Nun ist es in der gesamten relativen Existenz bestimmt, dass es ein Gesetz der Polarität gibt, und da es in der vorherbestimmten Ordnung liegt, dass es eine Zeit des vollständigen Friedens auf der Erde gebe, ist es notwendig, dass vor und nach diesem Zeitalter ein Verführer existiert – jenen, den wir für gewöhnlich »Teufel« nennen. Die »tausend Jahre« sind das Zeitalter, auf das sich in beinahe allen Traditionen ein Hinweis findet, manchmal heißt es »das Goldene Zeitalter« und manchmal anders. Es ist das Zeitalter der Vervollkommnung des spirituellen Potenzials des Menschen auf globaler Ebene, wenn die universelle Natur durch Christus als innere Verwirklichung aller Menschen bestehen wird. Christus als das Symbol dieser Vollendung wird die innere Wirklichkeit der Heiligkeit in die Erfüllung der globalen Evolution einbringen, denn er ist der Führer aller walis (Heiligen).

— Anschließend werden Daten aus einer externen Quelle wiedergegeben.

-- ===== src/Net/Run/Release.antt =====
-- What is open after Init, Run and the destructor.
use vwnet_lib.Base.{
  ℕ, ◌≡◌, refl, inl, inr, ◌⊎◌, Bool, true, false, not, ◌&&◌, List, [], ◌∷◌, Option, none, some, ℤ,
  pos, negsuc, int_eq, int_eq_iff, ltb, arith, if◌then◌else◌, Bool-cases,
}
use vwnet_lib.Net.State.{Sys}
use vwnet_lib.Net.Setup.{
  OsCall, epoll_create, open_socket, open_read, open_write, mkfifo, unlink, close, Service, next_fd,
  next_ok, is_positive, failed, at_fd, open_writer, open_pipe, make_fifo, setup_command_fd,
}

-- The first of the descriptors that is `fd` goes.
abbrev pub without : ℤ → List ℤ → List ℤ
without fd [] = []
without fd (j ∷ fds) = let rest = without fd fds in if int_eq fd j then fds else j ∷ rest

abbrev pub made : ℤ → List ℤ → List ℤ
made fd fds = if failed fd then fds else fd ∷ fds

abbrev pub change : OsCall → ℤ → List ℤ → List ℤ
change epoll_create fd fds = made fd fds
change open_socket fd fds = made fd fds
change open_read fd fds = made fd fds
change open_write fd fds = made fd fds
change (close fd) result fds = without fd fds
change _ result fds = fds

-- The descriptors that the calls have opened and not closed.
abbrev pub opened : List (OsCall × ℤ) → List ℤ
opened [] = []
opened ((call, result) ∷ trace) = change call result (opened trace)

-- Whether a fifo that was made is still there.
abbrev pub has_fifo : List (OsCall × ℤ) → Bool
has_fifo [] = false
has_fifo ((mkfifo, result) ∷ trace) = not (failed result)
has_fifo ((unlink, result) ∷ trace) = false
has_fifo ((_, result) ∷ trace) = has_fifo trace

-- The descriptors that the kernel gives out are not 0.
abbrev pub all_positive : List (Option ℕ) → Bool
all_positive [] = true
all_positive (none ∷ fds) = all_positive fds
all_positive (some fd ∷ fds) = ltb 0 fd && all_positive fds

pub next_fd_positive :
    (fds : List (Option ℕ))
    → all_positive fds ≡ true
    → (failed (next_fd fds).0 ≡ not (is_positive (next_fd fds).0))
      × (all_positive (next_fd fds).1 ≡ true)
next_fd_positive [] h = (refl, refl)
next_fd_positive (none ∷ fds) h = (refl, h)
next_fd_positive (some fd ∷ fds) h = ground arith

pub int_eq_refl : (a : ℤ) → int_eq a a ≡ true
int_eq_refl (pos n) = ground arith
int_eq_refl (negsuc n) = ground arith

-- What a call gives that makes a descriptor.
pub failed-next_fd :
    (fds : List (Option ℕ)) → failed (next_fd fds).0 ≡ true → (next_fd fds).0 ≡ negsuc 0
failed-next_fd fds e = (int_eq_iff (next_fd fds).0 (negsuc 0)).0 e

pub next_fd_made :
    (fds : List (Option ℕ))
    → all_positive fds ≡ true
    → failed (next_fd fds).0 ≡ false
    → is_positive (next_fd fds).0 ≡ true
next_fd_made fds positive e = ground (arith, (next_fd_positive fds positive).0)

module _ {A : Type 0} where
  -- What the set-up of the commands comes to: no descriptor and no fifo is left, and the descriptor
  -- returned is negative; or both ends are open, the writing end last.
  pub record NoPipe (s : Service A) (fd : ℤ) (s' : Service A) : Type 0 where
    pub negative : is_positive fd ≡ false
    pub no_writer : (s'.cmdfd ≡ s.cmdfd) ⊎ (s'.cmdfd ≡ negsuc 0)
    pub none_open : opened s'.trace ≡ opened s.trace
    pub no_fifo : has_fifo s'.trace ≡ false

  pub record Pipe (s : Service A) (fd : ℤ) (s' : Service A) : Type 0 where
    pub reader : is_positive fd ≡ true
    pub writer : is_positive s'.cmdfd ≡ true
    pub both_open : opened s'.trace ≡ s'.cmdfd ∷ (fd ∷ opened s.trace)
    pub fifo : has_fifo s'.trace ≡ true

  at_fd-trace : (fd : ℤ) (f : ℕ → Sys A → Sys A) (s : Service A) → (at_fd fd f s).trace ≡ s.trace
  at_fd-trace (pos fd) f s = refl
  at_fd-trace (negsuc n) f s = refl

  at_fd-cmdfd : (fd : ℤ) (f : ℕ → Sys A → Sys A) (s : Service A) → (at_fd fd f s).cmdfd ≡ s.cmdfd
  at_fd-cmdfd (pos fd) f s = refl
  at_fd-cmdfd (negsuc n) f s = refl

  open_writer-Pipe :
      (fd : ℤ) (s s₀ : Service A)
      → all_positive s.fds ≡ true
      → is_positive fd ≡ true
      → opened s.trace ≡ fd ∷ opened s₀.trace
      → has_fifo s.trace ≡ true
      → let (r, s') = open_writer fd s in NoPipe s₀ r s' ⊎ Pipe s₀ r s'
  unfolding open_writer
  open_writer-Pipe fd s s₀ positive reader here fifo =
      elim (Bool-cases (failed (next_fd s.fds).0)) [
        | inl no_fd ↦ rw no_fd (
            inl (record {
              negative = refl;
              no_writer = inr (failed-next_fd s.fds no_fd);
              none_open = rw (here, no_fd, int_eq_refl fd);
              no_fifo = refl;
            }))
        | inr has_fd ↦ rw has_fd (
            inr (record {
              reader = reader;
              writer = rw (at_fd-cmdfd fd) (next_fd_made s.fds positive has_fd);
              both_open = rw (at_fd-trace fd, at_fd-cmdfd fd, has_fd, here);
              fifo = rw (at_fd-trace fd) fifo;
            }))
      ]

  open_pipe-Pipe :
      (s s₀ : Service A)
      → all_positive s.fds ≡ true
      → s.cmdfd ≡ s₀.cmdfd
      → opened s.trace ≡ opened s₀.trace
      → has_fifo s.trace ≡ true
      → let (r, s') = open_pipe s in NoPipe s₀ r s' ⊎ Pipe s₀ r s'
  unfolding open_pipe
  open_pipe-Pipe s s₀ positive same here fifo = elim (Bool-cases (failed (next_fd s.fds).0)) [
    | inl no_fd ↦ rw no_fd (
        inl (record {
          negative = refl;
          no_writer = inl same;
          none_open = rw (no_fd, here);
          no_fifo = refl;
        }))
    | inr has_fd ↦ rw has_fd (
        open_writer-Pipe (next_fd s.fds).0 _ s₀ (next_fd_positive s.fds positive).1
          (next_fd_made s.fds positive has_fd) (rw (has_fd, here)) fifo)
  ]

  -- Whatever the kernel answers, if it does not give out the descriptor 0: either the set-up of the
  -- commands returns a negative descriptor and leaves no descriptor and no fifo behind that it made, or
  -- it returns the reading end of a fifo with both ends open.
  pub setup_command_fd-Pipe :
      (s : Service A)
      → all_positive s.fds ≡ true
      → let (fd, s') = setup_command_fd s in NoPipe s fd s' ⊎ Pipe s fd s'
  unfolding setup_command_fd make_fifo
  setup_command_fd-Pipe s positive = elim (Bool-cases (next_ok s.oks).0) [
    | inl there ↦ elim (Bool-cases (next_ok (next_ok s.oks).1).0) [
      | inl ok ↦ rw (there, ok) (open_pipe-Pipe _ s positive refl refl refl)
      | inr denied ↦
          rw (there, denied)
            (inl
              (record { negative = refl; no_writer = inl refl; none_open = refl; no_fifo = refl }))
    ]
    | inr absent ↦ elim (Bool-cases (next_ok (next_ok s.oks).1).0) [
      | inl ok ↦ rw (absent, ok) (open_pipe-Pipe _ s positive refl refl refl)
      | inr denied ↦
          rw (absent, denied)
            (inl
              (record { negative = refl; no_writer = inl refl; none_open = refl; no_fifo = refl }))
    ]
  ]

Aufgrund des unumgänglichen Prinzips der Polarität wird nach dieser Zeit der Vollkommenheit auch eine Zeit anbrechen, in der das Chaos herrschen wird. Satan wird die Menschheit erneut täuschen, und die Menschen werden aus ihrem vorangegangenen Zustand des Friedens und der spirituellen Erfüllung zurückfallen in ein Unwissen über jegliche spirituelle Realität. Ihre Mentalität wird auf diejenige eines tierischen Daseins reduziert, in welchem Gier und Selbstsucht ihr Leben beherrschen und nichts in der Welt verbleibt, was der spirituellen Wirklichkeit des Menschen entspricht. Ibn Arabi sagt, dass nur ein Mensch übrig bleiben wird, der noch irgendein Wissen besitzt:

In jenen Tagen wird Unfruchtbarkeit sich bei den Männern und Frauen ausbreiten, so dass es viel Beischlaf ohne Zeugung geben wird. Er wird die Leute zu Gott rufen, aber keine Antwort erhalten. Nachdem Gott seinen Geist und die letzten Gläubigen jener Zeit hinweg genommen haben wird, werden die Überlebenden wie Rohlinge sein, das Erlaubte werden sie nicht von dem Verbotenen scheiden. Sie werden rein nach ihren natürlichen Neigungen handeln und der Begierde folgen, die losgelöst von Vernunft und Gesetz ist – und über ihnen wird es sein, dass die letzte Stunde anbricht. [3]

Das ist die Zeit, wenn diese Erde zerstört und das Dasein auf eine »neue Erde« versetzt werden wird. Aber in Wirklichkeit gibt es keinen Tod, sondern nur die kontinuierliche Evolution und Ver­vollkommnung des Daseins. Sogar Satan wird schließlich zu seiner Quelle zurückkehren, denn alles Leben kehrt unvermeidlich zur essenziellen Einheit zurück, aus der es stammt.

© Meral Arim
Deutsche Übersetzung © Chalice Verlag

Dieser Text wurde 1974 von Rashid Hornsby mit Hilfe von Bülent Rauf geschrieben und 2003 von Hakim Young leicht redigiert. Er kursierte viele Jahre lang als Studienmaterial im Chisholme House sowie in der von Reshad Feild geleiteten Lebenden Schule.

Anmerkungen

[1] Muhyiddin Ibn Arabi: Die Weisheit der Propheten, Seite 92. Übersetzung: Wolfgang Herrmann.

[2] Wilhelm Schneemelcher, Edgar Hennecke: Neutestamentliche Apokryphen in deutscher Übersetzung, Mohr 1959, Band 1, Seite 170.

[3] Muhyiddin Ibn Arabi: Die Weisheit der Propheten, Seite 51. Übersetzung: Wolfgang Herrmann.